Мнение местных любителей скачек было для этого хитреца основой его комбинаций. До тех пор, пока мнение их было не в пользу Каллиопы, он понемногу наживался в Лондоне. А подозрения, которые, вполне естественно, порождала всякая его смелая комбинация, он без труда усыплял, осторожно распространяя неблагоприятные отзывы знатоков.
В эти первые недели, когда он в упоении хватал каждый пенс, зарабатывая на неравных ставках, пока никто не заподозрил неладное, единственный, кто вставлял ему палки в колеса, - это Джимми. Он не раз узнавал, что "этот негодный малый чуть-чуть не проболтался о настоящих статях своей кобылы". Джимми, видимо, даже мысли не допускал, что его лошадь может их подвести, и вообще задрал нос. Однажды он даже ушел из трактира, не притронувшись к своему джину, - так и оставил его на стойке. Пульхер воспользовался его отсутствием, чтобы сказать лондонскому маклеру, приехавшему разнюхать, что и как.
- Да я сам видел, как ее пробовали! А Джимми просто не хочет примириться с тем, что его одурачили.
И на другой день его агент в Лондоне получил еще несколько ставок тридцать три против одного.
Проба показала, что Каллиопа не уступит Палачу с наездником весом в семь стоунов два фунта, - прекрасная лошадь, на которую смело можно ставить семь к одному. Но когда Пульхер, развернув номер "Спортивной жизни" от 30 сентября, прочел, что она котируется сто к восьми, он вскипел. Чья это работа?
Поскольку положение изменилось, пришлось думать, как теперь быть. Он вложил в это дело триста фунтов стерлингов, почти половина ставок была сделана из расчета в среднем тридцать против одного, а теперь, когда все начнут ставить на Каллиопу, он едва ли найдет игроков, которые поставят десять против одного. Кто это посмел вмешаться?
Все объяснилось через два дня. Неизвестным, который так опрометчиво вступил в игру, был Джимми! Оказалось, он сделал это из ревности - хорош букмекер! У Пульхера даже дух захватило.
- Ты на нее поставил только потому, что этот мальчишка ее расхваливал!
Джимми поднял голову.
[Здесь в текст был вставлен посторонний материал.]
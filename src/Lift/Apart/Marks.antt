-- ===== src/Lift/Apart/Marks.antt =====
-- What a pair of cases comes to in tell_apart of eval/lift.py.
use htn_llm_rtl_gen.Lift.Apart.{
  CaseExample, LearnedCase, Kind, kinds_of, held_by_every, held_by_some, kind_lt, marks_between,
  noted, untold, tell_marks, tell_pair,
}
use mathlib.Core.Path.{subst}
use htn_llm_rtl_gen.Shared.{
  ◌≡◌, ◌⊎◌, refl, ap, ◌∙◌, inl, inr, true, false, not, List, [], ◌∷◌, filter, all, All, All-map,
  All-append, all-All, any-All, filter-All_with, contains-own, contains-append,
  contains-append_left, contains_head, distinct, sorted-All, distinct-All, >>=-eq-ok, ok_injective,
  nat_eq, Bool-cases, not-true, list_eq, pair_eq, contains, ok,
}

-- Each of the examples has a fact of the kind about its module; none has.
abbrev pub Held : List CaseExample → Kind → Type 0
Held es k = All (λ e. contains (kinds_of e) k ≡ true) es

abbrev pub Lacked : List CaseExample → Kind → Type 0
Lacked es k = All (λ e. contains (kinds_of e) k ≡ false) es

-- One of the kinds in `absent` is held by every example of `a` and by none of `b`.
abbrev pub Tells : LearnedCase → LearnedCase → List Kind → Type 0
Tells a b absent = (k : Kind) × (contains absent k ≡ true) × Held a.examples k × Lacked b.examples k

held_by_every-Held :
    (es : List CaseExample) {ks : List Kind} → held_by_every es ≡ ok ks → All (Held es) ks
unfolding held_by_every
held_by_every-Held [] h = cc h
held_by_every-Held (e ∷ es) h = subst (All (Held (e ∷ es))) (ok_injective h) (
    All-map (λ k both. (both.0, all-All (λ d. contains (kinds_of d) k) es both.1)) _
      (filter-All_with (λ k. contains (kinds_of e) k ≡ true)
        (λ k. all (λ d. contains (kinds_of d) k) es) (kinds_of e) (contains-own (kinds_of e))))

Marks : LearnedCase → LearnedCase → Kind → Type 0
Marks a b k = Held a.examples k × Lacked b.examples k

marks_between-Marks :
    (a b : LearnedCase) {ks : List Kind} → marks_between a b ≡ ok ks → All (Marks a b) ks
unfolding marks_between held_by_some Marks
marks_between-Marks a b h =
    let (every, held, h1) = >>=-eq-ok (held_by_every a.examples) _ h in
    subst (All (Marks a b)) (ok_injective h1) (
      sorted-All kind_lt (Marks a b)
        (distinct (filter (λ k. not (held_by_some b.examples k)) every))
        (distinct-All (Marks a b) (filter (λ k. not (held_by_some b.examples k)) every) (
          All-map
            (λ k both. (
              both.0,
              any-All (λ e. contains (kinds_of e) k) b.examples
                  (not-true (held_by_some b.examples k) both.1),
            ))
            (filter (λ k. not (held_by_some b.examples k)) every)
            (filter-All_with (Held a.examples) (λ k. not (held_by_some b.examples k)) every
              (held_by_every-Held a.examples held)))))

noted-own : (absent : List Kind) (k : Kind) → contains (noted absent k) k ≡ true
unfolding noted
noted-own absent k = elim (Bool-cases (contains absent k)) [
  | inl e ↦ rw (noted, e) e
  | inr e ↦ rw (noted, e, contains-append absent (k ∷ []) k, e) (contains_head k [])
]

noted_more :
    (absent : List Kind) (k x : Kind)
    → contains absent x ≡ true
    → contains (noted absent k) x ≡ true
unfolding noted
noted_more absent k x h = elim (Bool-cases (contains absent k)) [
  | inl e ↦ rw (noted, e) h
  | inr e ↦ rw (noted, e) (contains-append_left absent (k ∷ []) x h)
]

noted-All :
    (P : Kind → Type 0) (absent : List Kind) (k : Kind)
    → All P absent
    → P k
    → All P (noted absent k)
unfolding noted
noted-All P absent k h p = elim (Bool-cases (contains absent k)) [
  | inl e ↦ rw (noted, e) h
  | inr e ↦ rw (noted, e) (All-append P absent (k ∷ []) h (p, tt))
]

-- What a pair comes to: a mark that is absent from `b`, or a mark of `b` that `a` lacks.
unfoldable pub Comes : LearnedCase → LearnedCase → List Kind → Type 0
Comes a b told =
    Tells a b told
    ⊎ ((marks_between a b ≡ ok [])
        × (k : Kind) × (ks : List Kind) × (marks_between b a ≡ ok (k ∷ ks)))

pub Comes-more :
    (a b : LearnedCase) (x y : List Kind)
    → Comes a b x
    → ((k : Kind) → contains x k ≡ true → contains y k ≡ true)
    → Comes a b y
unfolding Comes
Comes-more a b x y (inl (k, has, held, lacks)) more = inl (k, more k has, held, lacks)
Comes-more a b x y (inr none_yet) more = inr none_yet

-- It keeps the absences of `b`, and adds to them only what `b` lacks.
pub record After (b : LearnedCase) (absent told : List Kind) : Type 0 where
  pub more : (k : Kind) → contains absent k ≡ true → contains told k ≡ true
  pub lacked : All (Lacked b.examples) absent → All (Lacked b.examples) told

untold_back :
    (a b : LearnedCase) (absent back : List Kind) {told : List Kind}
    → untold a b absent back ≡ ok told
    → (absent ≡ told) × (k : Kind) × (ks : List Kind) × (back ≡ k ∷ ks)
unfolding untold
untold_back a b absent [] h = cc h
untold_back a b absent (k ∷ ks) h = (ok_injective h, k, ks, refl)

tell_marks-Comes :
    (a b : LearnedCase) (absent marks : List Kind) {told : List Kind}
    → marks_between a b ≡ ok marks
    → tell_marks a b absent marks ≡ ok told
    → Comes a b told × After b absent told
unfolding tell_marks untold Comes Marks
tell_marks-Comes a b absent [] e h =
    let (back, found, h1) = >>=-eq-ok (marks_between b a) _ h in
    let (same, k, ks, some_back) = untold_back a b absent back h1 in
    subst (λ t. Comes a b t × After b absent t) same
      (
        inr (e, k, ks, found ∙ ap (λ l. ok l) some_back),
        record { more = λ x held. held; lacked = λ l. l },
      )
tell_marks-Comes a b absent (k ∷ ks) e h =
    let (held, lacks) = (marks_between-Marks a b e).0 in
    subst (λ t. Comes a b t × After b absent t) (ok_injective h)
      (
        inl (k, noted-own absent k, held, lacks),
        record {
          more = noted_more absent k;
          lacked = λ l. noted-All (Lacked b.examples) absent k l lacks;
        },
      )

pub tell_pair-Comes :
    (a b : LearnedCase) (absent : List Kind) {told : List Kind}
    → tell_pair a b absent ≡ ok told
    → Comes a b told × After b absent told
unfolding tell_pair
tell_pair-Comes a b absent h =
    let (marks, found, h1) = >>=-eq-ok (marks_between a b) _ h in
    tell_marks-Comes a b absent marks found h1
Он сидел за столом в своей "конторе" в ожидании клиентов, столь редких в такую пору.
- Это теперь не его лошадь, - сказал он угрюмо. - Я не хочу, чтобы он снял все сливки.
- Сколько же ты поставил? - спросил Пульхер.
- Пять ставок сто против тридцати и пятнадцать ставок двадцать против одного.
- Смотрите, что он натворил: все дело испортил. А те пятьдесят фунтов, что остались, ты мне отдашь?
Джимми кивнул.
- Ну, если так, сотня фунтов еще наберется, - проворчал Пульхер, несколько смягчившись. Он встал, большой, грузный, и стоял неподвижно, раздумывая. - Теперь уже нечего выжидать, - сказал он. - Я сегодня же размещу все оставшиеся деньги. Если мне в среднем удастся сыграть в десяти к одному, у нас будет шесть тысяч триста фунтов в игре. Говорят, Дженниг выставил свою Бриллиантовую Запонку. А уж он-то знает все возможности Каллиопы, черт его побери! Надо глядеть в оба.
И, действительно, им надо было глядеть в оба. На Бриллиантовую Запонку, четырехлетку с наездником, весившим восемь стоунов два фунта, теперь ставили так, будто Кембриджшайрские скачки уже заканчивались. Сначала пятнадцать против одного, потом семь против одного, потом пять против одного, и вот Бриллиантовая Запонка стала фаворитом. Пульхер намотал это себе на ус. Дженниг отлично знает Каллиопу! А это означает, что она... что первой ей не прийти! Хитрый Пульхер не стал напрасно тратить время на пустые сожаления. Ему было ясно, что нужно поднять котировку на Каллиопу, а потом переуступить свои ставки. Пришло время использовать Сачка.